I recently wanted to do this to for some code that accessed Azure Table Storage. The existing code was performing poorly and used an old SDK, and so I wanted to fully cover it with "integration tests" before upgrading to the new SDK and performance tuning it.

To do so, I needed access to a connection string, but didn't want to hard-code it as we all know that secrets don't belong in source control. Of course an obvious solution would be to access the connection string as an environment variable, but the Visual Studio Test Explorer (as far as I can tell at least) offers no easy way to set environment variables for a test run.

Note: there is a .runsettings file but that suffers from exactly the same problem - you'd end up checking secrets into source control.

Fortunately, the .NET user secrets feature can help us out here. And although many articles about it assume you're using ASP.NET Core, you can use .NET user secrets in any project type, including an NUnit test assembly.

The steps are simple. First, in a command prompt in the directory of your unit test project, enter the dotnet user-secrets init command. This adds a UserSecretsId GUID into your .csproj file.

Then you can store your secret with the dotnet user-secrets set command. For example:

dotnet user-secrets set MyConnectionString "Your connection string goes here"

Using the secret value within your unit test is very simple. Just use a ConfigurationBuilder and call AddUserSecrets using any class from your assembly as the generic argument. Then you can access secrets by name on the configuration instance, and you'll get a null value if the secret is not present.

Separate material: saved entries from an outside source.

-- ===== src/Actor/Sync.antt =====
-- The daemon's flag of a module and the flag that its BPF programs read.
use bouclier_bleu.Base.{
  ◌≡◌, refl, ◌∙◌, ap, Bool, true, false, Option, none, some, List, [], ◌∷◌, text_eq, text_eq_iff,
  any, Text, inl, inr, Bool-cases, Option-cases, Outcome-cases, Line, Outcome, ok, err, take,
}
use bouclier_bleu.Reader.{Endian, Bytes}
use bouclier_bleu.Host.{FileSystem}
use bouclier_bleu.Loader.{
  Libbpf, Skeleton, state_map, state_key, state_value, update_state, set_module_state,
}
use bouclier_bleu.Registry.{find_module, toggle, status_of}
use bouclier_bleu.Command.{DaemonCmd, status, list, enable, disable}
use bouclier_bleu.Ipc.{IpcMessage}
use bouclier_bleu.Engine.{get, insert}
use bouclier_bleu.Engine.Table.{get-insert_same, get-insert_other}
use bouclier_bleu.Engine.Configured.{toggled, status_of-toggle_same, status_of-toggle_other}
use bouclier_bleu.Actor.{
  Event, Daemon, synchronised, toggle_module, handle_command, handle_all, on_event, poll, tick,
  drained,
}

module _ (fs : FileSystem) (lib : Libbpf) (available : List Text) (e : Endian)
    (flag_of : lib.Object → Option Bytes) where
  -- What the kernel documents of a successful update: the value is there to be read.
  abbrev pub IsStored : Type 0
  IsStored =
      (v : Bytes) (o o' : lib.Object)
      → lib.update state_map (state_key e) v o ≡ ok o'
      → flag_of o' ≡ some v

  abbrev Flagged : Bool → Skeleton lib → Bool → Type 0
  Flagged false skel b = Unit
  Flagged true skel b = flag_of skel.object ≡ some (state_value e b)

  -- A skeleton that has a map for the flag, of a module with a flag, holds that flag.
  abbrev Synced : Option (Skeleton lib) → Option Bool → Type 0
  Synced none _ = Unit
  Synced (some skel) none = Unit
  Synced (some skel) (some b) = Flagged (lib.has_map state_map skel.object) skel b

  abbrev pub InSync : Daemon fs lib available e → Type 0
  InSync d = (j : Text) → Synced (get j d.skeletons) (status_of j d.registry)

  -- What a change of the kernel's flag gives: an error and the skeleton as it was, or a skeleton
  -- with the flag.
  abbrev Changed : Skeleton lib → Bool → Outcome Line (Unit {0}) × Skeleton lib → Type 0
  Changed skel on (err why, skel') = skel' ≡ skel
  Changed skel on (ok _, skel') = Synced (some skel') (some on)

  module _ (stored : IsStored) where
    Flagged-stored :
        (skel : Skeleton lib) (on b : Bool) (o : lib.Object)
        → lib.update state_map (state_key e) (state_value e on) skel.object ≡ ok o
        → Flagged b (record skel { object = o }) on
    Flagged-stored skel on false o h = tt
    Flagged-stored skel on true o h = stored (state_value e on) skel.object o h

    update_state-Changed :
        (skel : Skeleton lib) (on : Bool) → Changed skel on (update_state lib available e skel on)
    unfolding update_state
    update_state-Changed skel on = elim (Bool-cases (lib.has_map state_map skel.object)) [
      | inr without ↦ rw without (rw without tt)
      | inl with_map ↦
          elim (Outcome-cases (lib.update state_map (state_key e) (state_value e on) skel.object)) [
            | inl (o, updated) ↦
                rw (with_map, updated) (Flagged-stored skel on (lib.has_map state_map o) o updated)
            | inr (why, refused) ↦ rw (with_map, refused) refl
          ]
    ]

    set_module_state-Changed :
        (skel : Skeleton lib) (name : Text) (on : Bool)
        → Changed skel on (set_module_state lib available e skel name on)
    unfolding set_module_state
    set_module_state-Changed skel name on = elim (Bool-cases (any (text_eq name) available)) [
      | inr unknown ↦ rw unknown refl
      | inl known ↦ elim (Bool-cases (text_eq skel.kind name)) [
        | inr foreign ↦ rw (known, foreign) refl
        | inl own ↦ rw (known, own) (update_state-Changed skel on)
      ]
    ]

    Synced-toggled :
        (skel : Skeleton lib) (on : Bool) (flag : Option Bool)
        → Synced (some skel) (some on)
        → Synced (some skel) (toggled on flag)
    Synced-toggled skel on none h = tt
    Synced-toggled skel on (some _) h = h

    synchronised-InSync :
        (target : Text) (on : Bool) (d : Daemon fs lib available e) (skel : Skeleton lib)
        (r : Outcome Line (Unit {0}) × Skeleton lib)
        → get target d.skeletons ≡ some skel
        → Changed skel on r
        → InSync d
        → InSync (synchronised fs lib available e target on d r).1
    synchronised-InSync target on d skel (err why, skel') found h sync j =
        elim (Bool-cases (text_eq target j)) [
          | inl here ↦
              let same : target ≡ j = (text_eq_iff target j).0 here in
              let before : get j d.skeletons ≡ some skel = rw (← same) found in
              let after : get j (insert target skel' d.skeletons) ≡ some skel =
                rw same (get-insert_same j skel' d.skeletons) ∙ ap some h in
              rw after (rw before at (sync j))
          | inr other ↦ rw (get-insert_other target skel' j d.skeletons other) (sync j)
        ]
    synchronised-InSync target on d skel (ok _, skel') found h sync j =
        elim (Bool-cases (text_eq target j)) [
          | inl here ↦
              let same : target ≡ j = (text_eq_iff target j).0 here in
              let after : get j (insert target skel' d.skeletons) ≡ some skel' =
                rw same (get-insert_same j skel' d.skeletons) in
              let flag : status_of j (toggle target on d.registry)
                  ≡ toggled on (status_of j d.registry) =
                rw same (status_of-toggle_same j on d.registry) in
              rw (after, flag) (Synced-toggled skel' on (status_of j d.registry) h)
          | inr other ↦
              rw
                (
                  get-insert_other target skel' j d.skeletons other,
                  status_of-toggle_other target on j d.registry other,
                )
                (sync j)
        ]

    toggle_module-InSync :
        (target : Text) (on : Bool) (d : Daemon fs lib available e)
        → InSync d
        → InSync (toggle_module fs lib available e target on d).1
    unfolding toggle_module
    toggle_module-InSync target on d sync = elim (Option-cases (get target d.skeletons)) [
      | inl absent ↦ rw (toggle_module, absent) sync
      | inr (skel, found) ↦
          rw (toggle_module, found)
            (synchronised-InSync target on d skel _ found (set_module_state-Changed skel target on)
              sync)
    ]

    -- If an update that the kernel accepts can be read back, then every command keeps the two flags of
    -- each module together: where the daemon has a flag and the BPF object a map for it, the map
    -- holds the daemon's flag. This holds also for a command that fails.
    pub handle_command-InSync :
        (cmd : DaemonCmd) (d : Daemon fs lib available e)
        → InSync d
        → InSync (handle_command fs lib available e cmd d).1
    unfolding handle_command
    handle_command-InSync status d sync = sync
    handle_command-InSync list d sync = sync
    handle_command-InSync (enable target) d sync = toggle_module-InSync target true d sync
    handle_command-InSync (disable target) d sync = toggle_module-InSync target false d sync

    handle_all-InSync :
        (queue : List IpcMessage) (d : Daemon fs lib available e)
        → InSync d
        → InSync (handle_all fs lib available e queue d).1
    unfolding handle_all
    handle_all-InSync [] d sync = sync
    handle_all-InSync (msg ∷ rest) d sync =
        handle_all-InSync rest _ (handle_command-InSync msg.cmd d sync)

    on_event-InSync :
        (event : Event) (d : Daemon fs lib available e)
        → InSync d
        → InSync (on_event fs lib available e event d)
    unfolding on_event
    on_event-InSync event d sync = elim (Option-cases (find_module event.source d.registry)) [
      | inl unknown ↦ rw (on_event, unknown) sync
      | inr (m, known) ↦ rw (on_event, known) sync
    ]

    poll-InSync :
        (events : List Event) (d : Daemon fs lib available e)
        → InSync d
        → InSync (poll fs lib available e events d)
    unfolding poll
    poll-InSync [] d sync = sync
    poll-InSync (event ∷ rest) d sync = poll-InSync rest _ (on_event-InSync event d sync)

    -- If an update that the kernel accepts can be read back, then a round of the engine keeps the two
    -- flags of each module together, whatever messages wait and whatever events the kernel sends.
    pub tick-InSync :
        (queue : List IpcMessage) (events : List Event) (d : Daemon fs lib available e)
        → InSync d
        → InSync (tick fs lib available e queue events d).daemon
    unfolding tick
    tick-InSync queue events d sync =
        poll-InSync events _ (handle_all-InSync (take drained queue) d sync)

using Microsoft.Extensions.Configuration;
// ...

var config = new ConfigurationBuilder()
    .AddUserSecrets<MyUnitTests>()
    .Build();
var connectionString = config["MyConnectionString"];

Note that you will need the Microsoft.Extensions.Configuration.UserSecrets NuGet package for this to work, which you can install with:

dotnet add package Microsoft.Extensions.Configuration.UserSecrets

Anyway, although I'm sure many of my readers already know about user secrets, I wanted to document how to use them, as I still very often see secrets hard-coded in unit tests.

Update: Thanks to a comment from Vladislav Antonyuk, I realised after posting this that I hadn't said anything about how you'd access secrets if you were running the tests in a CI/CD environment (as I was mainly focusing on the challenge of running them in the VS Test Explorer without committing secrets to source control). In a CI/CD situation I'd simply use environment variables. Just add an .AddEnvironmentVariables() call to the ConfigurationBuilder.